- Other names: Nicotine stomatitis, Nicotinic stomatitis, Nicotine palatinus, Stomatitis palatini, Leukokeratosis nicotina palate, Palatal leukokeratosis, Smoker's keratosis, Smoker's palate, and Smoker's patches
- Specialty: Oral medicine

= Stomatitis nicotina =

Whitening of the hard palate

Stomatitis nicotina is a diffuse white patch on the hard palate, usually caused by tobacco smoking, usually pipe or cigar smoking. It is painless, and it is caused by a response of the palatal oral mucosa to chronic heat. A more pronounced appearance can occur with reverse smoking, sometimes distinguished from stomatitis nicotina by the term reverse smoker's stomatitis. While stomatitis nicotina that is caused by heat is not a premalignant condition (i.e. it does not carry an increased risk of transformation to oral cancer), the condition that is caused by reverse smoking is premalignant.

==Signs and symptoms==
The palate may appear gray or white and contain many papules or nodules that are slightly elevated with red dots in their center. These red dots represent the ducts of minor salivary glands which have become inflamed by heat. The condition is painless. If a denture is normally worn while smoking, then the mucosa underneath the denture appears unaffected by the condition. In severe cases, the mucosa may show fissuring and develop a "dried lake bed" appearance. Other changes associated with tobacco use may be evident such as brown or black extrinsic staining of teeth from tar and other components of tobacco smoke.

==Causes==
The cause of nicotine stomatitis is thought to be chemical or thermally induced keratosis. The chemicals in tobacco may act as irritants in this condition. Chronic heat exposure is also responsible. Pipe smoking produces more heat on the palate than any other forms of smoking. Long-term drinking of very hot beverages can also cause a similar condition. The severity of the changes correlates with the frequency of the habit. The prevalence depends on a society's use of consuming hot beverages and of smoking in its various forms.

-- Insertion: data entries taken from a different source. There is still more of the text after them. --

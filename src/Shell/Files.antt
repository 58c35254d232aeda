-- ===== src/Shell/Files.antt =====
-- The command `vfs` of computekernel_edu/shell.py.
pub mod Running
use Prim.Native.Char.{code}
use compute_kernel_python.Prelude.{
  ℕ, ◌-◌, String, Bool, true, false, not, Option, none, some, List, [], ◌∷◌, map, if◌then◌else◌,
}
use compute_kernel_python.Prelude.Eq.{◌==◌, nat_eq, string_eq}
use compute_kernel_python.Paths.{◌<>◌, is_empty, text_length}
use compute_kernel_python.Text.{is_space, lstrip, strip, repeat}
use compute_kernel_python.Text.Numbers.{show}
use compute_kernel_python.Utils.{green}
use compute_kernel_python.Filesystem.{Filesystem}
use compute_kernel_python.Tmpfs.{Tmpfs, tmpfs}
use compute_kernel_python.Vfs
use compute_kernel_python.Vfs.{Vfs, MountPoint}
use compute_kernel_python.Boot.Stages.{encoded}
use compute_kernel_python.KernelState.{Subsystems}
use compute_kernel_python.Shell.Replies.{
  Printed, text, grid, content, Session, Reply, says, says_text, on_parts, machine_of, with_parts,
  with_machine, verdict,
}

-- A text up to its first space of some kind, and what comes after that.
abbrev pub cut : (ℕ → Bool) → String → String × Option String
cut p String.[] = (String.[], none)
cut p (String.◌∷◌ c s) =
    let (front, back) = cut p s in
    if p (code c) then (String.[], some s) else (String.◌∷◌ c front, back)

-- `args[1].strip() if len(args) > 1 else "/"`, for `args = arg.strip().split(None, 1)`
abbrev path_or : Option String → String
path_or none = "/"
path_or (some rest) = strip rest

abbrev pub with_vfs : Vfs Tmpfs → Subsystems → Session → Session
with_vfs v parts s = with_parts (with_machine (record (machine_of parts) { vfs = v }) parts) s

abbrev mount_row : Vfs Tmpfs → MountPoint → List String
mount_row v m = m.path ∷ tmpfs.fstype (v.objects m.fs) ∷ m.source ∷ []

-- `f"  {name:30s} (ino={ino})"`
abbrev entry_line : String × ℕ → Printed
entry_line (name, ino) =
    text ("  " <> (name <> (repeat (30 - text_length name) " " <> (" (ino=" <> (show ino <> ")")))))

cat_reply : String → Option (List ℕ) → Session → Reply
cat_reply path none s = says_text ("cat: " <> (path <> ": No such file or directory")) s
cat_reply path (some bytes) s = says (content bytes ∷ []) s

-- The number that `write_path` returns is never `False`. The texts are of ASCII characters.
write_reply : String → Option String → Subsystems → Session → Reply
write_reply path none parts s = says_text "Usage: vfs write <path> <data>" s
write_reply path (some bytes) parts s =
    says_text (green ("Wrote " <> (show (text_length bytes) <> (" bytes to '" <> (path <> "'")))))
      (with_vfs (Vfs.write_path tmpfs path (encoded bytes) (machine_of parts).vfs).1 parts s)

write_words : String × Option String → Subsystems → Session → Reply
unfolding write_reply
write_words (front, back) parts s = write_reply front back parts s

mkdir_reply : String → Subsystems → Session → Reply
mkdir_reply path parts s =
    let (ok, v) = Vfs.mkdir tmpfs path (machine_of parts).vfs in
    verdict ok ("mkdir: created '" <> (path <> "'")) ("mkdir: cannot create '" <> (path <> "'"))
      (with_vfs v parts s)

-- `readdir` returns a list for every path, so that the test for `None` never holds.
vfs_words : String → String → Subsystems → Session → Reply
unfolding cat_reply write_words mkdir_reply
vfs_words name path parts s =
    let v = (machine_of parts).vfs in
    if name == "mounts"
    then says (grid ("TARGET" ∷ "FSTYPE" ∷ "SOURCE" ∷ []) (map (mount_row v) v.mounts) ∷ []) s
    else if name == "ls"
    then says (map entry_line (Vfs.readdir tmpfs path v)) s
    else if name == "cat"
    then cat_reply path (Vfs.read_path tmpfs path 4096 v) s
    else if name == "mkdir"
    then mkdir_reply path parts s
    else if name == "write"
    then write_words (cut (λ c. c == 32) path) parts s
    else says_text "Usage: vfs ls <path> | vfs cat <path> | vfs mounts | vfs mkdir <path>" s

unfoldable pub do_vfs : String → Session → Reply
unfolding vfs_words
do_vfs arg s =
    let (name, rest) = cut is_space (strip arg) in
    if is_empty name
    then says_text "Usage: vfs ls <path> | vfs cat <path> | vfs mounts" s
    else on_parts "VFS not initialized." (λ parts. vfs_words name (path_or rest) parts s) s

A similar, but more pronounced palatal keratosis occurs with reverse smoking. This is where the lit end of the cigar or cigarette is held in the mouth, another form of smoking associated with high levels of heat in the mouth. This form of the condition is sometimes termed "reverse smoker's keratosis", and is a premalignant lesion. That is, the condition is associated with an increased risk of malignant transformation to oral squamous cell carcinoma (a type of oral cancer). Some sources do not distinguish between reverse smoker's keratosis and smoker's palate that is caused by heat. As such, these sources tend to state that stomatitis nicotina is a premalignant condition. Some reports show that there is an increased risk of tonsillar cancer, lung cancer and tumors of the posterior oral cavity in people who develop stomatitis nicotina.

==Diagnosis==
The diagnosis is normally made based upon the clinical appearance and history. Tissue biopsy is not usually indicated unless there are areas of ulceration or localized erythroplakia (red patches). The differential diagnosis is with other causes of white lesions (see leukoplakia for a more complete discussion). Specific conditions which can produce a similar appearance include Darier's disease, discoid lupus erythematosus, oral candidiasis, and oral lichen planus.

If a biopsy is taken, the histopathologic appearance is one of hyperkeratosis and acanthosis. There may be squamous metaplasia of excretory ducts, which results in the visible papules if the ducts become hyperplastic. Neutrophils may fill some ducts. It is characterized as a "fissured" or "dried mud" appearance from excess keratin production by cells. Dysplasia is rarely seen.

==Treatment==
When the appearance is caused by heat, the lesion is usually completely reversible within a few weeks if the smoking habit is stopped. This is the case even if the condition has been present for decades. Without stopping smoking, spontaneous remission of the lesion is unlikely. If the lesion persists despite stopping smoking, this is usually then considered to be a true leukoplakia rather than a reactionary keratitis, and may trigger the decision to carry out a biopsy to confirm the diagnosis. Since this condition almost always develops in the setting of long term heavy smoking, it usually indicates the need for regular observation for cancers associated with smoking, e.g. lung cancer.

==Epidemiology==
The condition is uncommon. It occurs usually in elderly males who have a history of heavy pipe smoking, but it also can occur in cigar or cigarette smokers. The condition was once common, but has become more rare as habits such as pipe and cigar smoking have decreased in popularity.